# Fix for slipping Burton toe straps



## poutanen (Dec 22, 2011)

dreampow said:


> First you need to make sure the toe straps are connected to the base plate on the notch closest to the heel.
> 
> Then cut the middle part of the toe strap. This allows the strap to stretch around the toe better.
> 
> Its not pretty and its at your own risk but it has fixed my slippage problems.


Actually I think if you look at the holy side of the strap (or is that holey?!? lol) you'll see burton has little guidelines for you to cut on. I'm pretty sure they intended us to cut off the extra strap once we've found which hole works for us!

As for having it on the back slot, I think that depends on what size boots and bindings you have. I've got Size 8 boots in medium bindings, so I could go into the back slot no problem, but if I had small bindings I might barely be able to get the strap done up!


----------



## dreampow (Sep 26, 2011)

poutanen said:


> Actually I think if you look at the holy side of the strap (or is that holey?!? lol) you'll see burton has little guidelines for you to cut on. I'm pretty sure they intended us to cut off the extra strap once we've found which hole works for us!
> 
> As for having it on the back slot, I think that depends on what size boots and bindings you have. I've got Size 8 boots in medium bindings, so I could go into the back slot no problem, but if I had small bindings I might barely be able to get the strap done up!


I realize my post isn't super clear, see how the white toe of my boot is so visible?

Thats because I cut off the strip of rubber that would usually be there. Not the strap but the horizontal rubber strip that runs over the toe.

I am finding the toe cap grips better without it. If I am not mistaken you run diodes, the toe cap already has this look to it but the cartels toe straps are different.


----------



## poutanen (Dec 22, 2011)

dreampow said:


> I am finding the toe cap grips better without it. If I am not mistaken you run diodes, the toe cap already has this look to it but the cartels toe straps are different.


Oh my bad, I thought you meant the hard plastic strap with the holes (thinking that it would be bending the cap away from the toe or something?!?) makes sense now....

Yeah I found the 2009 C60 and the Current Diode toe caps to stay on better than other caps I've used.


----------



## pdxrealtor (Jan 23, 2012)

Interesting.... I have the diodes and the last two days my back foot's toe cap has been slipping off. 

The buckle mount screw was loose so I tightened that and I've started to sit down to strap in to see if maybe my foot isn't getting seated properly when standing and strapping. 

I didn't ride enough to prove if either one fixed the issue, but now I'm thinking maybe not. 

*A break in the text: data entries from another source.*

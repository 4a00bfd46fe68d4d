-- ===== src/Interrupt/Line.antt =====
-- interrupt.c: the system call that waits for a line, while the keyboard's interrupts come in.
use mathlib.Core.Path.{subst}
use if2230_2023_hexos.Prelude.{
  ℕ, zero, suc, ◌+◌, ◌*◌, ◌≤◌, ◌<◌, ◌≡◌, refl, sym, ap, ◌∙◌, true, false, ◌&&◌, ltb, leb, ◌==◌,
  List, [], ◌∷◌, ◌++◌, Buf, bytes_of, done, arith,
}
use if2230_2023_hexos.Stdmem.{memcpy}
use if2230_2023_hexos.Stdmem.Copy.{memcpy_lem}
use if2230_2023_hexos.Ports.{Bus}
use if2230_2023_hexos.Framebuffer.{framebuffer_get_cursor}
use if2230_2023_hexos.Keyboard.{
  KeyboardDriverState, Machine, keyboard_state_activate, get_keyboard_buffer, is_keyboard_blocking,
  keyboard_isr,
}
use if2230_2023_hexos.Keyboard.Map.{length}
use if2230_2023_hexos.Keyboard.Line.{scancode_effect, keyboard-keyboard_isr}
use if2230_2023_hexos.Keyboard.Ps2.{Ps2, pending-get_cursor, pending-keyboard_isr}
use if2230_2023_hexos.Keyboard.Typing.{AreCharacters, characters}
use if2230_2023_hexos.Keyboard.Enter.{get_keyboard_buffer-enter}
use if2230_2023_hexos.Keyboard.Codes.{
  codes_of, length-codes_of, run_codes, Ends, run_codes-codes_of, codes_of-Ends,
}
use if2230_2023_hexos.Interrupt.{CpuRegister, Kernel, wait_line, copy_line, call_get_line, syscall}

-- A line has been typed and ended, and `get_keyboard_buffer` delivers it.
abbrev Delivers : List ℕ → KeyboardDriverState → Type 0
Delivers scancodes k =
    (k.keyboard_input_on ≡ 0)
    × (k.buffer_index ≡ 0)
    × ((a : ℕ)
        → a < length (characters scancodes)
        → get_keyboard_buffer (λ i. 0) k a ≡ bytes_of (characters scancodes) a)
    × (get_keyboard_buffer (λ i. 0) k (length (characters scancodes)) ≡ 0)

module _ (bus : Bus) (ps2 : Ps2 bus) where
  open ps2 use {pending}

  isr-effect :
      (m : Machine bus.Devices) (c : ℕ) (cs : List ℕ)
      → pending m.devices ≡ c ∷ cs
      → (keyboard_isr bus m).keyboard ≡ scancode_effect c m.keyboard
  isr-effect m c cs codes =
      keyboard-keyboard_isr bus m
      ∙ ap (λ (code : ℕ). scancode_effect code m.keyboard) (ps2.next_code m.devices c cs codes).0

  wait_line-Ends :
      (fuel : ℕ) (cs rest : List ℕ) (m : Machine bus.Devices)
      → pending m.devices ≡ cs ++ rest
      → Ends cs m.keyboard
      → length cs ≤ fuel
      → (m' : Machine bus.Devices) × (wait_line bus fuel m ≡ done m')
        × (m'.keyboard ≡ run_codes cs m.keyboard)
        × (pending m'.devices ≡ rest)
  unfolding wait_line is_keyboard_blocking
  wait_line-Ends zero [] rest m codes off enough = (m, rw off refl, refl, codes)
  wait_line-Ends (suc fuel) [] rest m codes off enough = (m, rw off refl, refl, codes)
  wait_line-Ends zero (c ∷ cs) rest m codes ends enough = absurd (omega arith)
  wait_line-Ends (suc fuel) (c ∷ cs) rest m codes (on, ends) enough =
      let blocking : (m.keyboard.keyboard_input_on == 0) ≡ false = ground arith in
      let effect : (keyboard_isr bus m).keyboard ≡ scancode_effect c m.keyboard =
        isr-effect m c (cs ++ rest) codes in
      let (m', returns, state, left) =
        wait_line-Ends fuel cs rest (keyboard_isr bus m)
          (pending-keyboard_isr bus ps2 m c (cs ++ rest) on codes) (rw effect ends) (omega arith) in
      (m', rw blocking returns, state ∙ ap (run_codes cs) effect, left)

  -- What the call has done: the line is in the memory, cut or ended with a zero, and nothing else.
  pub record LineRead (scancodes rest : List ℕ) (cpu : CpuRegister) (k k' : Kernel bus.Devices)
      : Type 0 where
    pub text :
        (a : ℕ)
        → a < cpu.ecx
        → a < length (characters scancodes)
        → k'.memory (cpu.ebx + a) ≡ bytes_of (characters scancodes) a
    pub zero_behind :
        length (characters scancodes) < cpu.ecx
        → k'.memory (cpu.ebx + length (characters scancodes)) ≡ 0
    pub outside :
        (x : ℕ) → (leb cpu.ebx x && ltb x (cpu.ebx + cpu.ecx)) ≡ false → k'.memory x ≡ k.memory x
    pub files : k'.files ≡ k.files
    pub off : k'.machine.keyboard.keyboard_input_on ≡ 0
    pub ready : k'.machine.keyboard.buffer_index ≡ 0
    pub left : pending k'.machine.devices ≡ rest

  call_get_line-LineRead :
      (fuel : ℕ) (scancodes rest : List ℕ) (cpu : CpuRegister) (k : Kernel bus.Devices)
      → AreCharacters scancodes
      → pending k.machine.devices ≡ codes_of scancodes ++ rest
      → k.machine.keyboard.buffer_index ≡ 0
      → length (characters scancodes) < 256
      → 2 * length (characters scancodes) + 2 ≤ fuel
      → cpu.ecx ≤ 256
      → (k' : Kernel bus.Devices) × (call_get_line bus fuel cpu k ≡ done k')
        × LineRead scancodes rest cpu k k'
  unfolding call_get_line copy_line keyboard_state_activate
  call_get_line-LineRead fuel scancodes rest cpu k keys codes empty short enough few =
      let m : Machine bus.Devices = record (k.machine) {
        keyboard = keyboard_state_activate k.machine.keyboard;
      } in
      let (m', returns, state, left) =
        wait_line-Ends fuel (codes_of scancodes) rest m codes
          (codes_of-Ends bus scancodes m (omega arith) keys)
          (omega (arith, length-codes_of scancodes)) in
      let (off, ready, text, zero_behind) =
        subst (Delivers scancodes) (sym (state ∙ run_codes-codes_of bus scancodes m))
          (get_keyboard_buffer-enter bus scancodes m (λ i. 0) (omega arith) empty keys short) in
      let inside : ltb 256 cpu.ecx ≡ false = ground arith in
      let buf : Buf = get_keyboard_buffer (λ i. 0) m'.keyboard in
      (
        record k { machine = m'; memory = memcpy k.memory cpu.ebx buf 0 cpu.ecx },
        rw (returns, inside) refl,
        record {
          text = λ a la lt.
              ground (arith, memcpy_lem k.memory cpu.ebx buf 0 cpu.ecx (cpu.ebx + a), text a lt);
          zero_behind = λ lt. ground (
            arith,
            memcpy_lem k.memory cpu.ebx buf 0 cpu.ecx (cpu.ebx + length (characters scancodes)),
            zero_behind,
          );
          outside = λ x out. ground (arith, memcpy_lem k.memory cpu.ebx buf 0 cpu.ecx x);
          files = refl;
          off = off;
          ready = ready;
          left = left;
        },
      )

  -- If the keyboard will send the codes of fewer than 256 character keys and of the enter key, the
  -- driver's line is empty, and the fuel is enough for one interrupt for each code, then system call 4 for at most 256 bytes returns once these interrupts
  -- have come. The caller's memory then holds the characters typed, up to the number asked for, with a
  -- zero behind them if there is room; the rest of the memory and the file system are as before, the
  -- driver accepts no more input, and the controller has the codes behind those of the line.
  pub syscall-LineRead :
      (fuel : ℕ) (scancodes rest : List ℕ) (cpu : CpuRegister) (k : Kernel bus.Devices)
      → cpu.eax ≡ 4
      → AreCharacters scancodes
      → pending k.machine.devices ≡ codes_of scancodes ++ rest
      → k.machine.keyboard.buffer_index ≡ 0
      → length (characters scancodes) < 256
      → 2 * length (characters scancodes) + 2 ≤ fuel
      → cpu.ecx ≤ 256
      → (k' : Kernel bus.Devices) × (syscall bus fuel cpu k ≡ done k')
        × LineRead scancodes rest cpu k k'
  unfolding syscall
  syscall-LineRead fuel scancodes rest cpu k call keys codes empty short enough few =
      let d : bus.Devices = (framebuffer_get_cursor bus k.machine.devices).2 in
      let k1 : Kernel bus.Devices = record k { machine = record (k.machine) { devices = d } } in
      let (k', returns, line) =
        call_get_line-LineRead fuel scancodes rest cpu k1 keys
          (pending-get_cursor bus ps2 k.machine.devices ∙ codes) empty short enough few in
      let is_4 : (cpu.eax == 4) ≡ true = ground arith in
      let not_0 : (cpu.eax == 0) ≡ false = ground arith in
      (
        k',
        rw (not_0, is_4) returns,
        record {
          text = line.text;
          zero_behind = line.zero_behind;
          outside = line.outside;
          files = line.files;
          off = line.off;
          ready = line.ready;
          left = line.left;
        },
      )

The great about burton though..... they will send out new caps and straps for nothing. I also need a new heel cup pad that the high back rests against when you're strapped in.


----------



## poutanen (Dec 22, 2011)

pdxrealtor said:


> The buckle mount screw was loose so I tightened that and I've started to sit down to strap in to see if maybe my foot isn't getting seated properly when standing and strapping.

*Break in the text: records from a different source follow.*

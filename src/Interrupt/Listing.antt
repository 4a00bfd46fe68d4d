-- ===== src/Interrupt/Listing.antt =====
-- interrupt.c: what `cmd_ls` shows of a directory. It prints every name at the same place.
use if2230_2023_hexos.Prelude.{
  ℕ, zero, suc, ◌+◌, ◌%◌, ◌≤◌, ◌<◌, ◌≡◌, ◌≢◌, refl, ◌∙◌, inl, inr, ◌==◌, Bool-cases, Buf, done,
  arith,
}
use mathlib.Core.Path.{subst}
use if2230_2023_hexos.Ports.{Bus}
use if2230_2023_hexos.Keyboard.{Machine}
use if2230_2023_hexos.Framebuffer.{framebuffer_set_cursor}
use if2230_2023_hexos.Fat32.{DriverRequest}
use if2230_2023_hexos.Fat32.Layout.{name_at}
use if2230_2023_hexos.Fat32.Cluster.{read_clusters}
use if2230_2023_hexos.Interrupt.{Kernel, ls_loop, cmd_ls}
use if2230_2023_hexos.Interrupt.Puts.{Printed, puts-Printed}

-- The name of entry `i` of a directory table, as a text.
abbrev pub name_of : Buf → ℕ → Buf
name_of table i a = table (name_at i + a)

-- Of the entries from `lo` up to `hi` the last one with a name has been printed, if there is one.
pub data Listed (table : Buf) (lo hi row col : ℕ) (screen screen' : Buf) : Type 0 where
  nothing :
      ((i : ℕ) → lo ≤ i → i < hi → table (name_at i) ≡ 0)
      → ((x : ℕ) → screen' x ≡ screen x)
      → Listed table lo hi row col screen screen'
  last :
      (i : ℕ)
      → lo ≤ i
      → i < hi
      → table (name_at i) ≢ 0
      → ((j : ℕ) → i < j → j < hi → table (name_at j) ≡ 0)
      → Printed (name_of table i) 0 8 0xF row col screen screen'
      → Listed table lo hi row col screen screen'

Listed-skip :
    {table : Buf} {i hi row col : ℕ} {screen screen' : Buf}
    → table (name_at i) ≡ 0
    → Listed table (i + 1) hi row col screen screen'
    → Listed table i hi row col screen screen'
Listed-skip {i} none (nothing all same) = nothing (λ j low high. ground (arith, all j)) same
Listed-skip none (last j low high some rest text) = last j (omega arith) high some rest text

Listed-name :
    {table : Buf} {i hi row col : ℕ} {screen screen1 screen' : Buf}
    → i < hi
    → table (name_at i) ≢ 0
    → Printed (name_of table i) 0 8 0xF row col screen screen1
    → Listed table (i + 1) hi row col screen1 screen'
    → Listed table i hi row col screen screen'
Listed-name {i} inside some text (nothing all same) =
    last i (omega arith) inside some (λ j low high. all j (omega arith) high)
      (record { cells = λ x. same x ∙ text.cells x })
Listed-name inside some text (last j low high some' rest text') =
    last j (omega arith) high some' rest
      (record { cells = λ x. ground (arith, text'.cells x, text.cells x) })

module _ (bus : Bus) where
  ls_loop-Listed :
      (fuel k i : ℕ) (table : Buf) (row col : ℕ) (m : Machine bus.Devices)
      → 8 < fuel
      → row < 256
      → col + 8 ≤ 256
      → (m' : Machine bus.Devices) × (ls_loop bus fuel k i table row col m ≡ done m')
        × (m'.keyboard ≡ m.keyboard)
        × Listed table i (i + k) row col m.screen m'.screen
  unfolding ls_loop
  ls_loop-Listed fuel zero i table row col m enough hr hc =
      (m, refl, refl, nothing (λ j low high. absurd (omega arith)) (λ x. refl))
  ls_loop-Listed fuel (suc k) i table row col m enough hr hc =
      elim (Bool-cases (table (name_at i) == 0)) [
        | inl none ↦
            let (m', ends, same, listed) =
              ls_loop-Listed fuel k (i + 1) table row col m enough hr hc in
            (m', rw none ends, same, Listed-skip (ground arith) (Listed-to (omega arith) listed))
        | inr some ↦
            let (screen1, shown, text) =
              puts-Printed bus fuel (name_of table i) 8 0xF row col m enough (omega arith) hr hc in
            let m1 : Machine bus.Devices = record m {
              screen = screen1;
              devices = framebuffer_set_cursor bus row ((col + 8) % 256) m.devices;
            } in
            let (m', ends, same, listed) =
              ls_loop-Listed fuel k (i + 1) table row col m1 enough hr hc in
            (
              m',
              rw (some, shown) ends,
              same,
              Listed-name (omega arith) (ground arith) text (Listed-to (omega arith) listed),
            )
      ]
    where
      Listed-to :
          {lo hi hi' : ℕ} {screen screen' : Buf}
          → hi ≡ hi'
          → Listed table lo hi row col screen screen'
          → Listed table lo hi' row col screen screen'
      Listed-to {lo} {screen} {screen'} e l =
          subst (λ h. Listed table lo h row col screen screen') e l

  -- For a row below 256 and a column with eight left up to 256, `cmd_ls` ends with any fuel above 8, changes neither the file
  -- system nor the memory nor the keyboard's state, and of all the parent's entries with a name leaves
  -- only that of the last one on the screen, or nothing if there is none.
  pub cmd_ls-Listed :
      (fuel : ℕ) (request : DriverRequest) (row col : ℕ) (k : Kernel bus.Devices)
      → 8 < fuel
      → row < 256
      → col + 8 ≤ 256
      → let table = read_clusters k.listing request.parent_cluster_number 1 k.files.disk in
        (k' : Kernel bus.Devices) × (cmd_ls bus fuel request row col k ≡ done k')
        × (k'.files ≡ k.files)
        × (k'.memory ≡ k.memory)
        × (k'.machine.keyboard ≡ k.machine.keyboard)
        × Listed table 0 64 row col k.machine.screen k'.machine.screen
  unfolding cmd_ls
  cmd_ls-Listed fuel request row col k enough hr hc =
      let table : Buf = read_clusters k.listing request.parent_cluster_number 1 k.files.disk in
      let (m', ends, same, listed) =
        ls_loop-Listed fuel 64 0 table row col k.machine enough hr hc in
      (record k { machine = m'; listing = table }, rw ends refl, refl, refl, same, listed)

Yeah I usually sit, hit my boot once with my hand to get rid of any snow on the bottom, then strap the toe first, then heel. Maybe one run in ten I have to crank the toe an extra notch or two during the run... So far so good!


----------



## pdxrealtor (Jan 23, 2012)

That's good info. I normally strap my ankle first. I will try the toe strap first and see what that does. 

Thanks for that.......


----------



## poutanen (Dec 22, 2011)

pdxrealtor said:


> That's good info. I normally strap my ankle first. I will try the toe strap first and see what that does.
> 
> Thanks for that.......


Yeah yeah I always do toe strap first now... Front foot I step in, strap the toe strap, pick the board up and hit it down on my heel edge to drive my foot back, then ratchet the toe a couple more. THEN do up the toe strap.


----------



## UnseenMartine (Feb 2, 2013)

*simple*

call burton and order some burton cartel toe straps, sticks like glue


----------